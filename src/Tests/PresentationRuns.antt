-- ===== src/Tests/PresentationRuns.antt =====
-- The theorems on previews and payloads, applied to short texts.
use sandboxed_workspace_mcp.Base.{
  ◌≡◌, refl, not, ◌||◌, some, text, [], ◌∷◌, leb, utf8_size, Text-discrete,
}
use sandboxed_workspace_mcp.Dict.{lookup}
use sandboxed_workspace_mcp.Presentation.{
  preview_utf8, truncate_utf8_result, externalize_text, externalize_streams, Call, Payload, flag,
  str_value, bool_value, default_inline_threshold_bytes,
}
use sandboxed_workspace_mcp.Presentation.Prefix.{
  IsLongest, preview_utf8-IsLongest, IsBounded, truncate_utf8_result-IsBounded,
}
use sandboxed_workspace_mcp.Presentation.Externalize.{
  IsExternalized, externalize_text-IsExternalized,
}
use sandboxed_workspace_mcp.Presentation.Payload.{externalize_streams_lem}
use sandboxed_workspace_mcp.Tests.CacheRuns.{
  empty_cache, empty_cache-IsValid, hello, world, alice, first_token,
}

abbrev call : Call
call = record { now = 5; tokens = λ n. first_token }

abbrev payload : Payload
payload = (text "stdout", str_value hello) ∷ (text "stderr", str_value world) ∷ []

out_there : lookup (text "stdout") payload ≡ some (str_value hello)
unfolding lookup Text-discrete
out_there = refl

errors_there : lookup (text "stderr") payload ≡ some (str_value world)
unfolding lookup Text-discrete
errors_there = refl

preview_utf8-IsLongest_example : IsLongest 3 (text "a∀b") (preview_utf8 (text "a∀b") 3)
preview_utf8-IsLongest_example = preview_utf8-IsLongest (text "a∀b") 3

truncate_utf8_result-IsBounded_example :
    IsBounded
      (text "a text that is too long to be shown as it is")
      30
      (truncate_utf8_result (text "a text that is too long to be shown as it is") 30)
truncate_utf8_result-IsBounded_example =
    truncate_utf8_result-IsBounded (text "a text that is too long to be shown as it is") 30

externalize_text-IsExternalized_example :
    IsExternalized hello alice 3 call empty_cache
      (externalize_text hello empty_cache alice 3 call).0
      (externalize_text hello empty_cache alice 3 call).1
externalize_text-IsExternalized_example =
    externalize_text-IsExternalized hello alice call empty_cache empty_cache-IsValid 3

externalize_streams_lem_example :
    (lookup (text "stdout") (externalize_streams alice call call payload empty_cache).payload
      ≡ some (str_value (preview_utf8 hello default_inline_threshold_bytes)))
    × (lookup (text "stderr") (externalize_streams alice call call payload empty_cache).payload
        ≡ some (str_value (preview_utf8 world default_inline_threshold_bytes)))
    × (lookup (text "truncated") (externalize_streams alice call call payload empty_cache).payload
        ≡ some (
            bool_value (
              flag (text "truncated") payload
              || (not (leb (utf8_size hello) default_inline_threshold_bytes)
                  || not (leb (utf8_size world) default_inline_threshold_bytes)))))
externalize_streams_lem_example =
    externalize_streams_lem alice call call payload empty_cache hello world out_there errors_there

--------

Copy out each line in the preceding records that contains "shown".

--- REPLY ---
      (text "a text that is too long to be shown as it is")
      (truncate_utf8_result (text "a text that is too long to be shown as it is") 30)
    truncate_utf8_result-IsBounded (text "a text that is too long to be shown as it is") 30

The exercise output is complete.